Information shown:
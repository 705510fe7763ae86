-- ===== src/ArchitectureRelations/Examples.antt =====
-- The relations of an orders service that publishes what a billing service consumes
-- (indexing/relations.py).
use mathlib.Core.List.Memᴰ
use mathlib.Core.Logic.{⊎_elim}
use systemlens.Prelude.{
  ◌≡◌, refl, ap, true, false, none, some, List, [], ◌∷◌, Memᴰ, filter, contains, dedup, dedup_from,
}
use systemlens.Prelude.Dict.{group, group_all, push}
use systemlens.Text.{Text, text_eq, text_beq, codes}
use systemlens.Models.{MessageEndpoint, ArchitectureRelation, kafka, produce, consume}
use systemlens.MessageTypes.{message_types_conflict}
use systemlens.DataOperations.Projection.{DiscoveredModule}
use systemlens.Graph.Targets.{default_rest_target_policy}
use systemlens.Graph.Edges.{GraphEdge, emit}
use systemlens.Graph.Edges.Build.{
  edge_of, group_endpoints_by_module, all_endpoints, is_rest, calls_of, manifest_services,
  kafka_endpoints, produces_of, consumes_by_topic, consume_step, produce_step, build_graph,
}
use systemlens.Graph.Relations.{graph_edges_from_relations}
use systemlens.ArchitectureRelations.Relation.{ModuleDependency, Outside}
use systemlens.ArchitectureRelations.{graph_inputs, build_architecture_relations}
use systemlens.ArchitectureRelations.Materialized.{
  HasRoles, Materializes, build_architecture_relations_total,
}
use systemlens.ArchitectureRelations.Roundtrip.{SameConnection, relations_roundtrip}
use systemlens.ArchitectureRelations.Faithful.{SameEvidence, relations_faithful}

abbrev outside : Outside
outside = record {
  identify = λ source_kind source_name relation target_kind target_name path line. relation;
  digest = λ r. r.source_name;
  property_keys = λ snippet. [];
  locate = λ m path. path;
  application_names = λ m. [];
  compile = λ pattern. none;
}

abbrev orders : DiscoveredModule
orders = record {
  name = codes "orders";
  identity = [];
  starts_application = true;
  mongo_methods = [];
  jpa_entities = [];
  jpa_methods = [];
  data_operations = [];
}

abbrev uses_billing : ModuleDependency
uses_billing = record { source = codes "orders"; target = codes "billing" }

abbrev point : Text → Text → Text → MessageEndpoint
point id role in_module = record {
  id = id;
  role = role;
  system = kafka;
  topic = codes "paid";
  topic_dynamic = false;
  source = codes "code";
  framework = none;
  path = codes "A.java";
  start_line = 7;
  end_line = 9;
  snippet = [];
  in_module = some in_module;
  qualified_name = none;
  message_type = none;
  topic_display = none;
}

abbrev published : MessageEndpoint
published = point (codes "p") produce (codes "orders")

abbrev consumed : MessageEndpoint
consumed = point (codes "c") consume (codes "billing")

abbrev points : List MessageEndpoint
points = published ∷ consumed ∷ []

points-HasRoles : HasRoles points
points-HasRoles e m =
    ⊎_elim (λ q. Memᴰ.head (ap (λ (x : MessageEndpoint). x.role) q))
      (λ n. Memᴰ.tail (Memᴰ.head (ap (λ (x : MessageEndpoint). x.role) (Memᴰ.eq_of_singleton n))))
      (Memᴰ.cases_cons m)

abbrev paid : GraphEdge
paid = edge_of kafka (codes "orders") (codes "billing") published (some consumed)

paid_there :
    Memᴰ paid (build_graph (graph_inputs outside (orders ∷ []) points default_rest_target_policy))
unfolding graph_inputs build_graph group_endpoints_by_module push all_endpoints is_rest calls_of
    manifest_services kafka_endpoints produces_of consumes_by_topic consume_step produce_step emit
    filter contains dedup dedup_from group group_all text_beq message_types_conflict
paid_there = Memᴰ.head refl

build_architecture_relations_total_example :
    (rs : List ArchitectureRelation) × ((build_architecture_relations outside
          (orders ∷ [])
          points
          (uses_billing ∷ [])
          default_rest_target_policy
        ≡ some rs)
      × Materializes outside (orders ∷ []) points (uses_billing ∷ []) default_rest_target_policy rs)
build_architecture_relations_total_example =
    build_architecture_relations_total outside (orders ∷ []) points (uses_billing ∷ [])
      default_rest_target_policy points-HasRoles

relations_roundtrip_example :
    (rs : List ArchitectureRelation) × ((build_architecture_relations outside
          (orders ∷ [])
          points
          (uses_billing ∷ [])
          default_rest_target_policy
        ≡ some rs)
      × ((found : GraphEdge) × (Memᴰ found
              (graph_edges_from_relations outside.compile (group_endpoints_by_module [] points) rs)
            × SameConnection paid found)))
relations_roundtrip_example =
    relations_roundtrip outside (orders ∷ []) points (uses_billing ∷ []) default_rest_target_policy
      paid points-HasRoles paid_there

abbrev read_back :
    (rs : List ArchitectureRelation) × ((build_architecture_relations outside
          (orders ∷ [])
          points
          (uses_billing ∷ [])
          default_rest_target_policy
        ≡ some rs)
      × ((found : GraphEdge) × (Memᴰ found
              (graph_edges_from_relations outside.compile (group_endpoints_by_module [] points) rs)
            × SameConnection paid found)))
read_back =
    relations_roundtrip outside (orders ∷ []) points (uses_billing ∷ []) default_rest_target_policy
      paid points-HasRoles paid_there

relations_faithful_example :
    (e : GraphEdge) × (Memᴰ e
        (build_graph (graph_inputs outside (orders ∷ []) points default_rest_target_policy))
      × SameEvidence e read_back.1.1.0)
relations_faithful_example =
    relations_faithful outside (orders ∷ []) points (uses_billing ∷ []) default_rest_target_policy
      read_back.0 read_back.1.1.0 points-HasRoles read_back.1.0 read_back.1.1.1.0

* * *

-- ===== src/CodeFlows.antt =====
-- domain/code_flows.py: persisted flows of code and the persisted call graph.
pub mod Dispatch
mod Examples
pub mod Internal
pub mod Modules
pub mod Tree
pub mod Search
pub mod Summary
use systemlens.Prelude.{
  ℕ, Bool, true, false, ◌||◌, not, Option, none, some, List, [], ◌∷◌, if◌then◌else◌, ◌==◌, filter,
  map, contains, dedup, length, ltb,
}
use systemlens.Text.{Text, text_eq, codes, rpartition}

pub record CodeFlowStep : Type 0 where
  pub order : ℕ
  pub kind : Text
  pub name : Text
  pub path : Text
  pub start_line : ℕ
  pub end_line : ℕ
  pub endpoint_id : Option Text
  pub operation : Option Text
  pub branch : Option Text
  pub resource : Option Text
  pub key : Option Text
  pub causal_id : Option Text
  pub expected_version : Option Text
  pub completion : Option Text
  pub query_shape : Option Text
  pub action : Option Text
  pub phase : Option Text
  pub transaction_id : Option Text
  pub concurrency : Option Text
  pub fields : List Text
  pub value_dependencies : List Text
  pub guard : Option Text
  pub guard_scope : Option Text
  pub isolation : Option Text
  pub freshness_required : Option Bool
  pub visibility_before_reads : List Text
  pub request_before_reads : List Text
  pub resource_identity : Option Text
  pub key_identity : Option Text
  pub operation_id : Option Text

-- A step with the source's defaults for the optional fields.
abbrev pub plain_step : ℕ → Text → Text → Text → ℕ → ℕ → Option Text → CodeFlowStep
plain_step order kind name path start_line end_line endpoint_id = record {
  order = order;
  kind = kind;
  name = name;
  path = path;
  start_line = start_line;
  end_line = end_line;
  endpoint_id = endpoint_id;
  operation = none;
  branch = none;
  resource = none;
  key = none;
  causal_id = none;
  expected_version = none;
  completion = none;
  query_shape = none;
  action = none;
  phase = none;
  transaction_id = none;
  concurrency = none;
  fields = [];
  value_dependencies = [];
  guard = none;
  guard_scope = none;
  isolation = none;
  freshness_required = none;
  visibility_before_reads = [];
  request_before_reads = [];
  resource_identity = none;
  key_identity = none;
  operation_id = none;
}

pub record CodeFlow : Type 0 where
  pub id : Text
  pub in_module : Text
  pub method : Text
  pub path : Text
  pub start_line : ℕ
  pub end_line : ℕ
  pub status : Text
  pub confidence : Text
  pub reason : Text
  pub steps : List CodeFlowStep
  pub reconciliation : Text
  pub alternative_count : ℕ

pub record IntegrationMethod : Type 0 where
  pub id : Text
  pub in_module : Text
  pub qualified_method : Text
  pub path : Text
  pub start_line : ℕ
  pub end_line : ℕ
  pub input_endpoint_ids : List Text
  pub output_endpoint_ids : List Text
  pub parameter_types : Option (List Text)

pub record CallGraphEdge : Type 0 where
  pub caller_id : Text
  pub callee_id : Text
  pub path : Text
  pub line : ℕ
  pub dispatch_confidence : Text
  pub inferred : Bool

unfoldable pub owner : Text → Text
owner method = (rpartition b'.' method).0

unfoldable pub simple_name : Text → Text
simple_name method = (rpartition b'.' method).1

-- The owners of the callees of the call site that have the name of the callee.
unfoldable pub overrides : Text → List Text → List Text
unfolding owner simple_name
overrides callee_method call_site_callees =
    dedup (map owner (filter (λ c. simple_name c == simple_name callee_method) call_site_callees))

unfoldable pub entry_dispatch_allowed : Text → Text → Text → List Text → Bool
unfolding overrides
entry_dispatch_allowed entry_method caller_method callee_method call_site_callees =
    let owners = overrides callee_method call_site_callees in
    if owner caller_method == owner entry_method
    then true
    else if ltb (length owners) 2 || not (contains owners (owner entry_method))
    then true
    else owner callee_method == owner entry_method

Prompt:
Output the lines above between the one holding "abbrev point : Text" and the one holding "abbrev consumed : MessageEndpoint", inclusive, with nothing before or after them.

Exercise answer:
abbrev point : Text → Text → Text → MessageEndpoint
point id role in_module = record {
  id = id;
  role = role;
  system = kafka;
  topic = codes "paid";
  topic_dynamic = false;
  source = codes "code";
  framework = none;
  path = codes "A.java";
  start_line = 7;
  end_line = 9;
  snippet = [];
  in_module = some in_module;
  qualified_name = none;
  message_type = none;
  topic_display = none;
}

abbrev published : MessageEndpoint
published = point (codes "p") produce (codes "orders")

abbrev consumed : MessageEndpoint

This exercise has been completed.